═════ Provided information ═════

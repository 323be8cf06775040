-- ===== src/Receipt/Digest.antt =====
-- The version 4 receipt of an update: its preimage is rebuilt from the instruction's arguments, and
-- the signed message is its hash. The hash is a parameter.
pub mod Laws
use protocol_core.Base.{
  ℕ, suc, ◌+◌, ◌≡◌, Bool, true, false, not, Option, none, some, List, [], ◌∷◌, length, leb, ◌==◌,
  if◌then◌else◌, Result, ok, err, entros_anchor, EntrosAnchorError, require, ◌>>=◌, ◌>>◌,
}
use protocol_core.Base.Int.{ℤ, pos, leb_ℤ, saturating_sub}
use protocol_core.Base.Words.{Bytes, to_le_bytes, i64_to_le_bytes}
use protocol_core.Base.Bytes.{bytes_eq, zeros}
use protocol_core.Base.Concat.{concat}
use protocol_core.Chain.{Pubkey}
use protocol_core.Receipt.Policy.{ValidatorKeyPolicy}
use protocol_core.Receipt.Instruction.{Sysvar, load_preceding_ed25519_receipt, malformed}
use protocol_core.Receipt.Payload.{
  ReceiptSession, receipt_domain, max_assurance_tier, max_receipt_age_secs,
}

pub record UpdateReceiptArgs : Type 0 where
  pub validated_at : ℤ
  pub assurance_tier : ℕ
  pub session_final_digest : Option Bytes

-- The digest's place in the preimage: zero where there is no session.
abbrev pub digest_bytes : Option Bytes → Bytes
digest_bytes none = zeros 32
digest_bytes (some digest) = digest

unfoldable pub is_zero_digest : Option Bytes → Bool
is_zero_digest none = false
is_zero_digest (some digest) = bytes_eq digest (zeros 32)

-- The fields of the 136-byte buffer; the purpose is that of an update.
abbrev pub preimage_parts : Pubkey → Bytes → ℕ → UpdateReceiptArgs → List Bytes
preimage_parts wallet commitment_new projection_version receipt =
    receipt_domain 52
    ∷ (4 ∷ [])
    ∷ to_le_bytes 2 projection_version
    ∷ wallet
    ∷ commitment_new
    ∷ i64_to_le_bytes receipt.validated_at
    ∷ digest_bytes receipt.session_final_digest
    ∷ (receipt.assurance_tier ∷ [])
    ∷ []

unfoldable pub build_update_receipt_v4_preimage :
    Pubkey → Bytes → ℕ → UpdateReceiptArgs → Result Bytes
unfolding is_zero_digest
build_update_receipt_v4_preimage wallet commitment_new projection_version receipt = do
  require (leb receipt.assurance_tier max_assurance_tier)
      (entros_anchor EntrosAnchorError.invalid_assurance_tier)
  require (not (is_zero_digest receipt.session_final_digest)) malformed
  ok (concat (preimage_parts wallet commitment_new projection_version receipt))

abbrev pub session_of : UpdateReceiptArgs → Option ReceiptSession
session_of receipt = elim receipt.session_final_digest [
  | none ↦ none
  | some digest ↦ some (record { final_digest = digest; assurance_tier = receipt.assurance_tier })
]

module _ (hash : Bytes → Bytes) where
  unfoldable pub compute_update_receipt_v4_digest :
      Pubkey → Bytes → ℕ → UpdateReceiptArgs → Result Bytes
  compute_update_receipt_v4_digest wallet commitment_new projection_version receipt = do
    preimage ← build_update_receipt_v4_preimage wallet commitment_new projection_version receipt
    ok (hash preimage)

  unfoldable pub verify_update_receipt_digest :
      Sysvar
      → ValidatorKeyPolicy
      → Pubkey
      → Bytes
      → ℕ
      → UpdateReceiptArgs
      → ℤ
      → Result (Option ReceiptSession)
  verify_update_receipt_digest sysvar validator_keys wallet commitment_new version receipt now = do
    signed_digest ← load_preceding_ed25519_receipt sysvar validator_keys (32 ∷ []) now
    expected_digest ← compute_update_receipt_v4_digest wallet commitment_new version receipt
    require (bytes_eq signed_digest expected_digest)
        (entros_anchor EntrosAnchorError.receipt_commitment_mismatch)
    require (leb_ℤ receipt.validated_at now) (entros_anchor EntrosAnchorError.receipt_from_future)
    require (leb_ℤ (saturating_sub now receipt.validated_at) (pos max_receipt_age_secs))
        (entros_anchor EntrosAnchorError.receipt_expired)
    ok (session_of receipt)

═════

# Your instructions:
Each entry should be retyped exactly as given.

# Solution to the exercise:
repository 323be8cf06775040
-- ===== src/Receipt/Digest.antt =====
-- The version 4 receipt of an update: its preimage is rebuilt from the instruction's arguments, and
-- the signed message is its hash. The hash is a parameter.
pub mod Laws
use protocol_core.Base.{
  ℕ, suc, ◌+◌, ◌≡◌, Bool, true, false, not, Option, none, some, List, [], ◌∷◌, length, leb, ◌==◌,
  if◌then◌else◌, Result, ok, err, entros_anchor, EntrosAnchorError, require, ◌>>=◌, ◌>>◌,
}
use protocol_core.Base.Int.{ℤ, pos, leb_ℤ, saturating_sub}
use protocol_core.Base.Words.{Bytes, to_le_bytes, i64_to_le_bytes}
use protocol_core.Base.Bytes.{bytes_eq, zeros}
use protocol_core.Base.Concat.{concat}
use protocol_core.Chain.{Pubkey}
use protocol_core.Receipt.Policy.{ValidatorKeyPolicy}
use protocol_core.Receipt.Instruction.{Sysvar, load_preceding_ed25519_receipt, malformed}
use protocol_core.Receipt.Payload.{
  ReceiptSession, receipt_domain, max_assurance_tier, max_receipt_age_secs,
}

pub record UpdateReceiptArgs : Type 0 where
  pub validated_at : ℤ
  pub assurance_tier : ℕ
  pub session_final_digest : Option Bytes

-- The digest's place in the preimage: zero where there is no session.
abbrev pub digest_bytes : Option Bytes → Bytes
digest_bytes none = zeros 32
digest_bytes (some digest) = digest

unfoldable pub is_zero_digest : Option Bytes → Bool
is_zero_digest none = false
is_zero_digest (some digest) = bytes_eq digest (zeros 32)

-- The fields of the 136-byte buffer; the purpose is that of an update.
abbrev pub preimage_parts : Pubkey → Bytes → ℕ → UpdateReceiptArgs → List Bytes
preimage_parts wallet commitment_new projection_version receipt =
    receipt_domain 52
    ∷ (4 ∷ [])
    ∷ to_le_bytes 2 projection_version
    ∷ wallet
    ∷ commitment_new
    ∷ i64_to_le_bytes receipt.validated_at
    ∷ digest_bytes receipt.session_final_digest
    ∷ (receipt.assurance_tier ∷ [])
    ∷ []

unfoldable pub build_update_receipt_v4_preimage :
    Pubkey → Bytes → ℕ → UpdateReceiptArgs → Result Bytes
unfolding is_zero_digest
build_update_receipt_v4_preimage wallet commitment_new projection_version receipt = do
  require (leb receipt.assurance_tier max_assurance_tier)
      (entros_anchor EntrosAnchorError.invalid_assurance_tier)
  require (not (is_zero_digest receipt.session_final_digest)) malformed
  ok (concat (preimage_parts wallet commitment_new projection_version receipt))

abbrev pub session_of : UpdateReceiptArgs → Option ReceiptSession
session_of receipt = elim receipt.session_final_digest [
  | none ↦ none
  | some digest ↦ some (record { final_digest = digest; assurance_tier = receipt.assurance_tier })
]

module _ (hash : Bytes → Bytes) where
  unfoldable pub compute_update_receipt_v4_digest :
      Pubkey → Bytes → ℕ → UpdateReceiptArgs → Result Bytes
  compute_update_receipt_v4_digest wallet commitment_new projection_version receipt = do
    preimage ← build_update_receipt_v4_preimage wallet commitment_new projection_version receipt
    ok (hash preimage)

  unfoldable pub verify_update_receipt_digest :
      Sysvar
      → ValidatorKeyPolicy
      → Pubkey
      → Bytes
      → ℕ
      → UpdateReceiptArgs
      → ℤ
      → Result (Option ReceiptSession)
  verify_update_receipt_digest sysvar validator_keys wallet commitment_new version receipt now = do
    signed_digest ← load_preceding_ed25519_receipt sysvar validator_keys (32 ∷ []) now
    expected_digest ← compute_update_receipt_v4_digest wallet commitment_new version receipt
    require (bytes_eq signed_digest expected_digest)
        (entros_anchor EntrosAnchorError.receipt_commitment_mismatch)
    require (leb_ℤ receipt.validated_at now) (entros_anchor EntrosAnchorError.receipt_from_future)
    require (leb_ℤ (saturating_sub now receipt.validated_at) (pos max_receipt_age_secs))
        (entros_anchor EntrosAnchorError.receipt_expired)
    ok (session_of receipt)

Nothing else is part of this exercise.